__Task goal__: Every record, from first to last, should be retyped word for word.

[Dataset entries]
-- ===== src/BoxList/Removing.antt =====
-- `list_remove` on a well-formed list.
use projeto_so.Base.{
  ◌≡◌, ◌≢◌, refl, sym, ap, ◌∙◌, some, none, [], ◌∷◌, ◌++◌, arith, length, length-append, pos,
}
use projeto_so.BoxList.{
  TfsFile, Ptr, null, ListNode, Nodes, BoxList, done, put, free, list_remove, int_pred,
}
use projeto_so.BoxList.Chains.{
  Cells, Chain, Fresh, Apart, Ends, load-done, put-same, put-other, put-Chain, differ,
}
use projeto_so.BoxList.Adding.{IsBoxList, set_next-done}

-- The address of the last cell, or NULL.
abbrev pub last_address : Cells → Ptr
last_address [] = null
last_address ((b, g) ∷ []) = b
last_address (c ∷ d ∷ cells) = last_address (d ∷ cells)

pub free-done :
    (m : Nodes) (a : Ptr) {n : ListNode}
    → a ≢ null
    → m a ≡ some n
    → free a m ≡ done tt (put m a none)
unfolding free
free-done m a ne e = rw (differ a null ne, load-done m a ne e) refl

module _ (a : Ptr) (f : TfsFile) (after : Cells) where
  not_here : (x : Ptr) (cells : Cells) → Fresh x (cells ++ (a, f) ∷ after) → x ≢ a
  not_here x [] away = away.0
  not_here x (c ∷ cells) away = not_here x cells away.1

  not_last :
      (x : Ptr) (c : Ptr × TfsFile) (cells : Cells)
      → Fresh x ((c ∷ cells) ++ (a, f) ∷ after)
      → x ≢ last_address (c ∷ cells)
  not_last x c [] away = away.0
  not_last x c (d ∷ cells) away = not_last x d cells away.1

  -- The memory with node `b` linked to `n` and node `a` freed.
  abbrev bypassed : Nodes → Ptr → ListNode → Ptr → Nodes
  bypassed m b node n = put (put m b (some (record node { next = n }))) a none

  bypassed_other :
      (m : Nodes) (b x : Ptr) (node : ListNode) (n : Ptr)
      → x ≢ b
      → x ≢ a
      → bypassed m b node n x ≡ m x
  bypassed_other m b x node n ne ne' =
      put-other (put m b _) a x none (λ e. ne' (sym e)) ∙ put-other m b x _ (λ e. ne (sym e))

  bypass :
      (m : Nodes) (p : Ptr) (c : Ptr × TfsFile) (before : Cells)
      → Chain m p ((c ∷ before) ++ (a, f) ∷ after)
      → Apart ((c ∷ before) ++ (a, f) ∷ after)
      → (node : ListNode) × (n : Ptr) × (last_address (c ∷ before) ≢ null)
        × (m (last_address (c ∷ before)) ≡ some node)
        × (a ≢ null)
        × (m a ≡ some (record { file = f; next = n }))
        × (last_address (c ∷ before) ≢ a)
        × Chain (bypassed m (last_address (c ∷ before)) node n) p ((c ∷ before) ++ after)
  bypass m p (b, g) [] (nb, here, b_ne, b_holds, (n, at, a_ne, a_holds, rest)) apart = (
    record { file = g; next = nb },
    n,
    b_ne,
    b_holds,
    a_ne,
    a_holds,
    apart.0.0,
    (
      n,
      here,
      b_ne,
      put-other (put m b _) a b none (λ e. apart.0.0 (sym e)) ∙ put-same m b _,
      put-Chain (put m b _) a none n after apart.1.0 (put-Chain m b _ n after apart.0.1 rest),
    ),
  )
  bypass m p (x, g) (d ∷ before) (nx, here, x_ne, x_holds, rest) apart =
      let (node, n, b_ne, b_holds, a_ne, a_holds, b_a, chain) = bypass m nx d before rest apart.1 in
      (
        node,
        n,
        b_ne,
        b_holds,
        a_ne,
        a_holds,
        b_a,
        (
          nx,
          here,
          x_ne,
          bypassed_other m (last_address (d ∷ before)) x node n (not_last x d before apart.0)
                (not_here x (d ∷ before) apart.0)
              ∙ x_holds,
          chain,
        ),
      )

-- What removing the node `a` leaves: the other cells in their order, the node freed, the size one
-- lower, and the tail as it was.
pub record Removed (l : BoxList) (a : Ptr) (cells : Cells) (l' : BoxList) (m' : Nodes)
    : Type 0 where
  pub chain : Chain m' l'.head cells
  pub freed : m' a ≡ none
  pub count : l'.size ≡ pos (length cells)
  pub tail_kept : l'.tail ≡ l.tail

module _ (m : Nodes) (l : BoxList) (a : Ptr) (f : TfsFile) (after : Cells) where
  removed :
      (before : Cells)
      → IsBoxList m l (before ++ (a, f) ∷ after)
      → Ends
          (λ l' m'. Removed l a (before ++ after) l' m')
          (list_remove (last_address before) a l m)
  unfolding list_remove
  removed [] w =
      let (n, here, a_ne, a_holds, rest) = w.chain in
      rw (differ a null a_ne, load-done m a a_ne a_holds, free-done m a a_ne a_holds)
        (record {
          chain = put-Chain m a none n after w.apart.0 rest;
          freed = put-same m a none;
          count = ap int_pred w.count;
          tail_kept = refl;
        })
  removed (c ∷ before) w =
      let (node, n, b_ne, b_holds, a_ne, a_holds, b_a, chain) =
        bypass a f after m l.head c before w.chain w.apart in
      rw
        (
          differ a null a_ne,
          load-done m a a_ne a_holds,
          differ (last_address (c ∷ before)) null b_ne,
          set_next-done m (last_address (c ∷ before)) n b_ne b_holds,
          free-done (put m (last_address (c ∷ before)) (some (record node { next = n }))) a a_ne
              (put-other m (last_address (c ∷ before)) a _ b_a ∙ a_holds),
        )
        (record {
          chain = chain;
          freed = put-same _ a none;
          count =
              ap int_pred w.count
              ∙ ap pos (
                  omega (arith, length-append before ((a, f) ∷ after), length-append before after));
          tail_kept = refl;
        })

-- `list_remove` of a node and the node before it, or NULL if the node is the head, ends without an
-- invalid access, leads through the other nodes in their order, has freed the node, and counts one
-- node less. The tail stays as it was, also if the node was the last.
pub list_remove-Removed :
    (m : Nodes) (l : BoxList) (a : Ptr) (f : TfsFile) (before after : Cells)
    → IsBoxList m l (before ++ (a, f) ∷ after)
    → Ends (λ l' m'. Removed l a (before ++ after) l' m') (list_remove (last_address before) a l m)
list_remove-Removed m l a f before after w = removed m l a f after before w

__Answer space__:
-- ===== src/BoxList/Removing.antt =====
-- `list_remove` on a well-formed list.
use projeto_so.Base.{
  ◌≡◌, ◌≢◌, refl, sym, ap, ◌∙◌, some, none, [], ◌∷◌, ◌++◌, arith, length, length-append, pos,
}
use projeto_so.BoxList.{
  TfsFile, Ptr, null, ListNode, Nodes, BoxList, done, put, free, list_remove, int_pred,
}
use projeto_so.BoxList.Chains.{
  Cells, Chain, Fresh, Apart, Ends, load-done, put-same, put-other, put-Chain, differ,
}
use projeto_so.BoxList.Adding.{IsBoxList, set_next-done}

-- The address of the last cell, or NULL.
abbrev pub last_address : Cells → Ptr
last_address [] = null
last_address ((b, g) ∷ []) = b
last_address (c ∷ d ∷ cells) = last_address (d ∷ cells)

pub free-done :
    (m : Nodes) (a : Ptr) {n : ListNode}
    → a ≢ null
    → m a ≡ some n
    → free a m ≡ done tt (put m a none)
unfolding free
free-done m a ne e = rw (differ a null ne, load-done m a ne e) refl

module _ (a : Ptr) (f : TfsFile) (after : Cells) where
  not_here : (x : Ptr) (cells : Cells) → Fresh x (cells ++ (a, f) ∷ after) → x ≢ a
  not_here x [] away = away.0
  not_here x (c ∷ cells) away = not_here x cells away.1

  not_last :
      (x : Ptr) (c : Ptr × TfsFile) (cells : Cells)
      → Fresh x ((c ∷ cells) ++ (a, f) ∷ after)
      → x ≢ last_address (c ∷ cells)
  not_last x c [] away = away.0
  not_last x c (d ∷ cells) away = not_last x d cells away.1

  -- The memory with node `b` linked to `n` and node `a` freed.
  abbrev bypassed : Nodes → Ptr → ListNode → Ptr → Nodes
  bypassed m b node n = put (put m b (some (record node { next = n }))) a none

  bypassed_other :
      (m : Nodes) (b x : Ptr) (node : ListNode) (n : Ptr)
      → x ≢ b
      → x ≢ a
      → bypassed m b node n x ≡ m x
  bypassed_other m b x node n ne ne' =
      put-other (put m b _) a x none (λ e. ne' (sym e)) ∙ put-other m b x _ (λ e. ne (sym e))

  bypass :
      (m : Nodes) (p : Ptr) (c : Ptr × TfsFile) (before : Cells)
      → Chain m p ((c ∷ before) ++ (a, f) ∷ after)
      → Apart ((c ∷ before) ++ (a, f) ∷ after)
      → (node : ListNode) × (n : Ptr) × (last_address (c ∷ before) ≢ null)
        × (m (last_address (c ∷ before)) ≡ some node)
        × (a ≢ null)
        × (m a ≡ some (record { file = f; next = n }))
        × (last_address (c ∷ before) ≢ a)
        × Chain (bypassed m (last_address (c ∷ before)) node n) p ((c ∷ before) ++ after)
  bypass m p (b, g) [] (nb, here, b_ne, b_holds, (n, at, a_ne, a_holds, rest)) apart = (
    record { file = g; next = nb },
    n,
    b_ne,
    b_holds,
    a_ne,
    a_holds,
    apart.0.0,
    (
      n,
      here,
      b_ne,
      put-other (put m b _) a b none (λ e. apart.0.0 (sym e)) ∙ put-same m b _,
      put-Chain (put m b _) a none n after apart.1.0 (put-Chain m b _ n after apart.0.1 rest),
    ),
  )
  bypass m p (x, g) (d ∷ before) (nx, here, x_ne, x_holds, rest) apart =
      let (node, n, b_ne, b_holds, a_ne, a_holds, b_a, chain) = bypass m nx d before rest apart.1 in
      (
        node,
        n,
        b_ne,
        b_holds,
        a_ne,
        a_holds,
        b_a,
        (
          nx,
          here,
          x_ne,
          bypassed_other m (last_address (d ∷ before)) x node n (not_last x d before apart.0)
                (not_here x (d ∷ before) apart.0)
              ∙ x_holds,
          chain,
        ),
      )

-- What removing the node `a` leaves: the other cells in their order, the node freed, the size one
-- lower, and the tail as it was.
pub record Removed (l : BoxList) (a : Ptr) (cells : Cells) (l' : BoxList) (m' : Nodes)
    : Type 0 where
  pub chain : Chain m' l'.head cells
  pub freed : m' a ≡ none
  pub count : l'.size ≡ pos (length cells)
  pub tail_kept : l'.tail ≡ l.tail

module _ (m : Nodes) (l : BoxList) (a : Ptr) (f : TfsFile) (after : Cells) where
  removed :
      (before : Cells)
      → IsBoxList m l (before ++ (a, f) ∷ after)
      → Ends
          (λ l' m'. Removed l a (before ++ after) l' m')
          (list_remove (last_address before) a l m)
  unfolding list_remove
  removed [] w =
      let (n, here, a_ne, a_holds, rest) = w.chain in
      rw (differ a null a_ne, load-done m a a_ne a_holds, free-done m a a_ne a_holds)
        (record {
          chain = put-Chain m a none n after w.apart.0 rest;
          freed = put-same m a none;
          count = ap int_pred w.count;
          tail_kept = refl;
        })
  removed (c ∷ before) w =
      let (node, n, b_ne, b_holds, a_ne, a_holds, b_a, chain) =
        bypass a f after m l.head c before w.chain w.apart in
      rw
        (
          differ a null a_ne,
          load-done m a a_ne a_holds,
          differ (last_address (c ∷ before)) null b_ne,
          set_next-done m (last_address (c ∷ before)) n b_ne b_holds,
          free-done (put m (last_address (c ∷ before)) (some (record node { next = n }))) a a_ne
              (put-other m (last_address (c ∷ before)) a _ b_a ∙ a_holds),
        )
        (record {
          chain = chain;
          freed = put-same _ a none;
          count =
              ap int_pred w.count
              ∙ ap pos (
                  omega (arith, length-append before ((a, f) ∷ after), length-append before after));
          tail_kept = refl;
        })

-- `list_remove` of a node and the node before it, or NULL if the node is the head, ends without an
-- invalid access, leads through the other nodes in their order, has freed the node, and counts one
-- node less. The tail stays as it was, also if the node was the last.
pub list_remove-Removed :
    (m : Nodes) (l : BoxList) (a : Ptr) (f : TfsFile) (before after : Cells)
    → IsBoxList m l (before ++ (a, f) ∷ after)
    → Ends (λ l' m'. Removed l a (before ++ after) l' m') (list_remove (last_address before) a l m)
list_remove-Removed m l a f before after w = removed m l a f after before w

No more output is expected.